Both cases test custom code in PersonsView. The tests would probably fail if PersonsView->initialize or PersonsView->render didn't behave correctly. As far I can tell, no code test Backbone in itself.


If you look at the examples I'm not testing that collection.length is some length, I'm checking that the actual output of my application is correct. For example, in the last example I'm checking that my application handles errors properly.

In our app we have nearly no business logic at all, and we have tested our REST endpoints thoroughly, so we felt we didn't get nearly any value out of unit tests (we wrote about a hundred of them before we changed our primary focus). So, what these tests actually test is that all events are triggered properly, that what I expect to see is actually what's in the view, and so on.

Yeah, this also means that _some_ tests are close to Backbone.js functionality only, but most are far from it when the application grows in complexity. We have a lot of custom events, both the regular Backbone model and collection events and also a lot of global events.

So no, I actually don't agree that we are missing out on the importance of unit tests. We have fully test-driven a large application over 6 months and found a way that works great for us, and that allows us to be flexible and deliver functionality fast, at the same time as we have confidence in not breaking functionality.


Why not just use capybara and the selenium or webkit drivers?


Why write your tests in something else than JavaScript when it's a JavaScript app? We already wrote a lot of unit tests in JavaScript, and our integration tests grew gradually from them, so we didn't feel we needed to add another layer of abstraction on top of regular JS.


You can write your browser automation tests in JavaScript. See WebDriverJS, Jelly, or PhantomJS.

* http://code.google.com/p/selenium/wiki/WebDriverJs

* http://jelly.io

* http://phantomjs.org/


Jasmine is used for unit testing and you should mock dependencies like faking XHR requests, whereas with Capybara/Selenium you do acceptance tests to test the frontend/backend integration.


Another aspect related to this point is that we have a slow backend system and we wanted our JavaScript tests to be blazingly fast, also the integration tests. I hate waiting for tests. Now I can run ours all the time because they don't use any time at all (well, okey, they take a second ...).

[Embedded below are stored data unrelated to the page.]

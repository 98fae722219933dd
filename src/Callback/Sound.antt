-- ===== src/Callback/Sound.antt =====
-- Which callbacks are let through.
use middle.Prelude.{
  Bool, true, false, ◌&&◌, not, any, List, [], ◌∷◌, none, some, ◌≡◌, ◌≢◌, ◌⊎◌, ◌↔◌, refl, arith,
  Bool-cases, inl, inr,
}
use middle.Text.{Text, is_empty, ◌==◌, trim_space}
use middle.Text.Equality.{eq_iff}
use middle.Callback.{
  Params, sign_key, has_key, canonical_sorted_kv, sign_equal_constant_time, uu_md5_sign, try_keys,
  verify_uu_md5, Form, Incoming, FormLib,
}

module _ (digest : Text → Text) where
  -- The signature is right for one key, as it is trimmed.
  abbrev pub signs : Text → Text → Text → Bool
  signs got payload key =
      not (is_empty (trim_space key))
      && sign_equal_constant_time got (uu_md5_sign digest payload (trim_space key))

  any-fresh :
      (got payload key : Text) (seen : List Text)
      → any (λ k. sign_equal_constant_time got (uu_md5_sign digest payload k)) seen ≡ false
      → sign_equal_constant_time got (uu_md5_sign digest payload key) ≡ true
      → any (λ k. k == key) seen ≡ false
  any-fresh got payload key [] h e = refl
  any-fresh got payload key (k ∷ seen) h e =
      ground (arith, any-fresh got payload key seen, eq_iff k key)

  -- Keys that were tried before are no loss: the loop finds a key exactly if there is one.
  try_keys_lem :
      (got payload : Text) (seen keys : List Text)
      → any (λ k. sign_equal_constant_time got (uu_md5_sign digest payload k)) seen ≡ false
      → try_keys digest got payload seen keys ≡ any (signs got payload) keys
  unfolding try_keys
  try_keys_lem got payload seen [] h = refl
  try_keys_lem got payload seen (key ∷ keys) h = elim (Bool-cases (is_empty (trim_space key))) [
    | inl blank ↦ rw blank (try_keys_lem got payload seen keys h)
    | inr full ↦
        elim (Bool-cases
          (sign_equal_constant_time got (uu_md5_sign digest payload (trim_space key)))) [
            | inl right ↦ rw (full, right, any-fresh got payload (trim_space key) seen h right)
            | inr wrong ↦ ground (
              arith,
              try_keys_lem got payload seen keys h,
              try_keys_lem got payload (trim_space key ∷ seen) keys,
            )
          ]
  ]

  -- The parameters have a signature and signed text, and it is right for a candidate key.
  pub record IsGenuine (params : Params) (keys : List Text) : Type 0 where
    pub has_sign : has_key params sign_key ≡ true
    pub sign : trim_space (params.value sign_key) ≢ []
    pub payload : canonical_sorted_kv params (sign_key ∷ []) ≢ []
    pub signed :
        any (signs (params.value sign_key) (canonical_sorted_kv params (sign_key ∷ []))) keys ≡ true

  -- A signature is accepted exactly if it is there, something is signed, and it is right for one of
  -- the keys that are not blank; that a key is tried only once changes nothing.
  pub verify_uu_md5_iff :
      (params : Params) (keys : List Text)
      → (verify_uu_md5 digest params keys ≡ true) ↔ IsGenuine params keys
  unfolding verify_uu_md5
  verify_uu_md5_iff params keys =
      let loop : try_keys digest (params.value sign_key)
            (canonical_sorted_kv params (sign_key ∷ [])) [] keys
          ≡ any (signs (params.value sign_key) (canonical_sorted_kv params (sign_key ∷ []))) keys =
        try_keys_lem (params.value sign_key) (canonical_sorted_kv params (sign_key ∷ [])) [] keys
          refl in
      (
        λ h. record {
          has_sign = ground arith;
          sign = ground arith;
          payload = ground arith;
          signed = ground arith;
        },
        λ g. ground (arith, loop, g.has_sign, g.sign, g.payload, g.signed),
      )

  -- What the handlers behind the verifier get: the request with its form; the body is read if the
  -- form came from it, and gone.
  pub record IsParsed (lib : FormLib) (r r' : Incoming) (form : Form) : Type 0 where
    pub same_context : r'.context ≡ r.context
    pub kept_form : r'.form ≡ some form
    pub body_left :
        (r.form ≡ none) × (lib.reads_body r.context ≡ true) × (r'.body ≡ []) ⊎ (r'.body ≡ r.body)
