-- ===== src/Callback/Tests.antt =====
-- The callbacks of callback_auth_test.go, with a digest that keeps its text.
use middle.Prelude.{true, false, [], ◌∷◌, none, some, ◌≡◌, ◌↔◌, refl, if◌then◌else◌}
use middle.Text.{Text, runes, ◌==◌, text_runs}
use middle.Text.Sort.{text_le, insert, sort_strings}
use middle.Callback.{
  Params, sign_key, signed_keys, joined, canonical_sorted_kv, sign_equal_constant_time, uu_md5_sign,
  try_keys, verify_uu_md5, Form, form_keys, form_params, FormLib, Incoming, parse_form,
  static_uu_verify, static_uu_md5_verifier, callback_auth, chosen_reject, passed,
}
use middle.Callback.Sorted.{swap, canonical_sorted_kv-Shuffled}
use middle.Callback.Sound.{IsGenuine, verify_uu_md5_iff}
use middle.Fixtures.{no_headers, request}

abbrev digest : Text → Text
digest s = s

abbrev values : Text → Text
values k =
    if k == runes "origin_id"
    then runes "o1"
    else if k == runes "state"
    then runes "10"
    else if k == sign_key
    then runes "origin_id=o1&state=10&key=SYS-KEY "
    else []

abbrev params : Params
params = record { keys = runes "state" ∷ sign_key ∷ runes "origin_id" ∷ []; value = values }

payload_sorted : canonical_sorted_kv params (runes "Sign" ∷ []) ≡ runes "origin_id=o1&state=10"
unfolding canonical_sorted_kv joined sort_strings insert text_le signed_keys text_runs
payload_sorted = refl

canonical_sorted_kv-Shuffled_example :
    canonical_sorted_kv (record { keys = runes "state" ∷ runes "a" ∷ []; value = values }) []
    ≡ canonical_sorted_kv (record { keys = runes "a" ∷ runes "state" ∷ []; value = values }) []
canonical_sorted_kv-Shuffled_example =
    canonical_sorted_kv-Shuffled values [] (runes "state" ∷ runes "a" ∷ [])
      (runes "a" ∷ runes "state" ∷ []) (swap (runes "state") (runes "a") [])

verified :
    (verify_uu_md5 digest params (runes " sys-key " ∷ []) ≡ true)
    × (verify_uu_md5 digest params (runes "wrong" ∷ []) ≡ false)
unfolding verify_uu_md5 try_keys uu_md5_sign sign_equal_constant_time canonical_sorted_kv joined
    sort_strings insert text_le signed_keys text_runs
verified = (refl, refl)

verify_uu_md5_iff_instance :
    (verify_uu_md5 digest params (runes " sys-key " ∷ []) ≡ true)
    ↔ IsGenuine digest params (runes " sys-key " ∷ [])
verify_uu_md5_iff_instance = verify_uu_md5_iff digest params (runes " sys-key " ∷ [])

-- A posted form, with its signature in the query.
abbrev form : Form
form = record {
  keys = runes "state" ∷ [];
  values = λ k. values k ∷ [];
  query_sign = runes "state=10&key=sys-key";
}

abbrev lib : FormLib
lib = record { reads_body = λ c. true; form_of = λ c body. form }

abbrev callback : Incoming
callback = record { context = request "x" no_headers; body = runes "state=10"; form = none }

abbrev drained : Incoming
drained = record callback { body = []; form = some form }

let_through :
    callback_auth (some (static_uu_md5_verifier lib digest (runes "sys-key" ∷ []))) [] callback
    ≡ passed drained
unfolding callback_auth chosen_reject static_uu_verify parse_form form_params form_keys
    verify_uu_md5 try_keys uu_md5_sign sign_equal_constant_time canonical_sorted_kv joined
    sort_strings insert text_le signed_keys text_runs
let_through = refl
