-- ===== src/Classify/Tables.antt =====
-- The tables of oplog_classify.go. A Go map becomes an association list; its keys are distinct, so
-- the order of the list is of no matter.
use Prim.Native.String.{String}
use middle.Prelude.{Bool, List, [], ◌∷◌, Option, none, some, any, if◌then◌else◌}
use middle.Text.{Text, runes, ◌==◌}

-- A key of a set: `_, ok := set[s]`.
unfoldable pub member : Text → List Text → Bool
unfolding ◌==◌
member s keys = any (λ k. k == s) keys

unfoldable pub lookup {ℓ} : {V : Type ℓ} → Text → List (Text × V) → Option V
unfolding ◌==◌
lookup s [] = none
lookup s ((k, v) ∷ table) = if k == s then some v else lookup s table

abbrev pub namespaces : List Text
namespaces = runes "hlj" ∷ runes "system" ∷ runes "gyb" ∷ []

abbrev pub services : List Text
services =
    runes "client"
    ∷ runes "member"
    ∷ runes "order"
    ∷ runes "product"
    ∷ runes "store"
    ∷ runes "finance"
    ∷ runes "device"
    ∷ runes "feedback"
    ∷ runes "active"
    ∷ runes "scm"
    ∷ runes "transport"
    ∷ runes "merchant"
    ∷ runes "auth"
    ∷ runes "fs"
    ∷ runes "pay"
    ∷ runes "data"
    ∷ runes "message"
    ∷ []

abbrev pub platforms : List Text
platforms =
    runes "mini"
    ∷ runes "pos"
    ∷ runes "pad"
    ∷ runes "rpc"
    ∷ runes "open"
    ∷ runes "common"
    ∷ runes "admin"
    ∷ []

pub record Orphan : Type 0 where
  pub service : Text
  pub module' : Text

abbrev orphan : String → String → String → Text × Orphan
orphan key service module' =
    (runes key, record { service = runes service; module' = runes module' })

abbrev pub orphans : List (Text × Orphan)
orphans =
    orphan "password" "auth" "password"
    ∷ orphan "products" "product" "products"
    ∷ orphan "property" "product" "property"
    ∷ orphan "menu" "product" "menu"
    ∷ orphan "material" "scm" "material"
    ∷ orphan "supplier" "scm" "supplier"
    ∷ orphan "recipe" "scm" "recipe"
    ∷ orphan "inventory" "scm" "inventory"
    ∷ orphan "purchase" "scm" "purchase"
    ∷ orphan "inbound" "scm" "inbound"
    ∷ orphan "outbound" "scm" "outbound"
    ∷ orphan "process" "scm" "process"
    ∷ orphan "stocktake" "scm" "stocktake"
    ∷ orphan "campaign" "active" "campaign"
    ∷ orphan "coupon" "active" "coupon"
    ∷ orphan "ticket" "active" "ticket"
    ∷ orphan "record" "active" "record"
    ∷ orphan "qrcode" "store" "qrcode"
    ∷ []

abbrev entry : String → String → Text × Text
entry key name = (runes key, runes name)

abbrev pub zh_service : List (Text × Text)
zh_service =
    entry "client" "终端管理"
    ∷ entry "member" "会员中心"
    ∷ entry "order" "订单管理"
    ∷ entry "product" "产品管理"
    ∷ entry "store" "门店管理"
    ∷ entry "finance" "财务管理"
    ∷ entry "device" "设备管理"
    ∷ entry "feedback" "用户反馈"
    ∷ entry "active" "营销活动"
    ∷ entry "scm" "供应链"
    ∷ entry "transport" "物流配送"
    ∷ entry "merchant" "商户"
    ∷ entry "auth" "权限管理"
    ∷ entry "fs" "文件系统"
    ∷ entry "pay" "支付"
    ∷ entry "data" "数据"
    ∷ entry "message" "消息"
    ∷ []

abbrev zh_client : List (Text × Text)
zh_client =
    entry "launch" "启动配置"
    ∷ entry "theme" "视觉模版"
    ∷ entry "notification" "通知中心"
    ∷ entry "mp" "微信小程序"
    ∷ entry "message" "消息"
    ∷ []

abbrev zh_member : List (Text × Text)
zh_member =
    entry "account" "会员账户"
    ∷ entry "addresses" "会员地址"
    ∷ entry "level" "会员层级"
    ∷ entry "profile" "会员资料"
    ∷ entry "login" "会员登录"
    ∷ entry "attendance" "考勤"
    ∷ []

abbrev zh_product : List (Text × Text)
zh_product =
    entry "categories" "分类" ∷ entry "property" "规格" ∷ entry "menu" "菜谱" ∷ entry "products" "产品" ∷ []

abbrev zh_order : List (Text × Text)
zh_order =
    entry "commands" "订单"
    ∷ entry "data" "数据"
    ∷ entry "analytics" "统计分析"
    ∷ entry "place" "下单"
    ∷ entry "pad" "平板点餐"
    ∷ entry "topup" "充值"
    ∷ []

abbrev zh_store : List (Text × Text)
zh_store = entry "info" "门店信息" ∷ entry "topup" "充值" ∷ entry "qrcode" "桌码" ∷ []

abbrev zh_finance : List (Text × Text)
zh_finance =
    entry "keys" "密钥" ∷ entry "flow" "交易流水" ∷ entry "handover" "交接记录" ∷ entry "shift" "班次" ∷ []

abbrev zh_device : List (Text × Text)
zh_device = entry "printer" "打印机" ∷ entry "ptpl" "模版" ∷ []

abbrev zh_feedback : List (Text × Text)
zh_feedback =
    entry "tag" "标签"
    ∷ entry "reviews" "评论"
    ∷ entry "chat" "聊天"
    ∷ entry "rating" "评分"
    ∷ entry "bounty" "有奖反馈"
    ∷ entry "payroll" "测试周薪"
    ∷ entry "service" "在线客服"
    ∷ []

abbrev zh_active : List (Text × Text)
zh_active =
    entry "campaign" "活动" ∷ entry "coupon" "优惠券" ∷ entry "ticket" "用户券" ∷ entry "record" "核销记录" ∷ []

abbrev zh_transport : List (Text × Text)
zh_transport =
    entry "orders" "物流订单"
    ∷ entry "addresses" "发货地址"
    ∷ entry "vehicles" "车辆"
    ∷ entry "matching" "货物匹配"
    ∷ entry "fleets" "车队"
    ∷ entry "routes" "线路"
    ∷ entry "platforms" "平台管理"
    ∷ entry "takeout" "外卖"
    ∷ []

abbrev zh_scm : List (Text × Text)
zh_scm =
    entry "material" "物料"
    ∷ entry "categories" "物料分类"
    ∷ entry "supplier" "供应商"
    ∷ entry "recipe" "配方"
    ∷ entry "inventory" "库存"
    ∷ entry "purchase" "采购单"
    ∷ entry "inbound" "入库单"
    ∷ entry "outbound" "出库单"
    ∷ entry "process" "加工单"
    ∷ entry "stocktake" "盘点单"
    ∷ entry "equipment" "厨房设备"
    ∷ []

abbrev zh_auth : List (Text × Text)
zh_auth =
    entry "account" "账号"
    ∷ entry "role" "角色"
    ∷ entry "app" "功能"
    ∷ entry "tenant" "业主站点"
    ∷ entry "plan" "套餐"
    ∷ entry "billing" "计费"
    ∷ entry "partner" "开放账号"
    ∷ entry "password" "密码"
    ∷ []

abbrev zh_fs : List (Text × Text)
zh_fs = entry "image" "图片管理" ∷ []

abbrev zh_pay : List (Text × Text)
zh_pay =
    entry "scan" "扫码支付"
    ∷ entry "cash" "现金支付"
    ∷ entry "balance" "余额支付"
    ∷ entry "mini" "小程序支付"
    ∷ entry "callback" "支付回调"
    ∷ []

abbrev pub zh_module : List (Text × List (Text × Text))
zh_module =
    (runes "client", zh_client)
    ∷ (runes "member", zh_member)
    ∷ (runes "product", zh_product)
    ∷ (runes "order", zh_order)
    ∷ (runes "store", zh_store)
    ∷ (runes "finance", zh_finance)
    ∷ (runes "device", zh_device)
    ∷ (runes "feedback", zh_feedback)
    ∷ (runes "active", zh_active)
    ∷ (runes "transport", zh_transport)
    ∷ (runes "scm", zh_scm)
    ∷ (runes "auth", zh_auth)
    ∷ (runes "fs", zh_fs)
    ∷ (runes "pay", zh_pay)
    ∷ []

Also, by using the procedure described in the post you don't need to have a DOM set up. Note that the view has no knowledge of where it is supposed to be rendered on the page. It could be passed into PersonsView with an el option: new PersonsView({ collection: new Persons(), el: $("#persons") });, but instead he chooses to skip that and test on view.$. It will hold the HTML of the view in memory. This lets you write tests for the view without having to setup DOM fixtures and actually render contents to the DOM. Result: tests that are less complex to write and faster to run.


I know, the title of the article was "integration testing" with backbone


Or even better: use both unit/integration tests of the code itself and browser-based tests like selenium/capybara.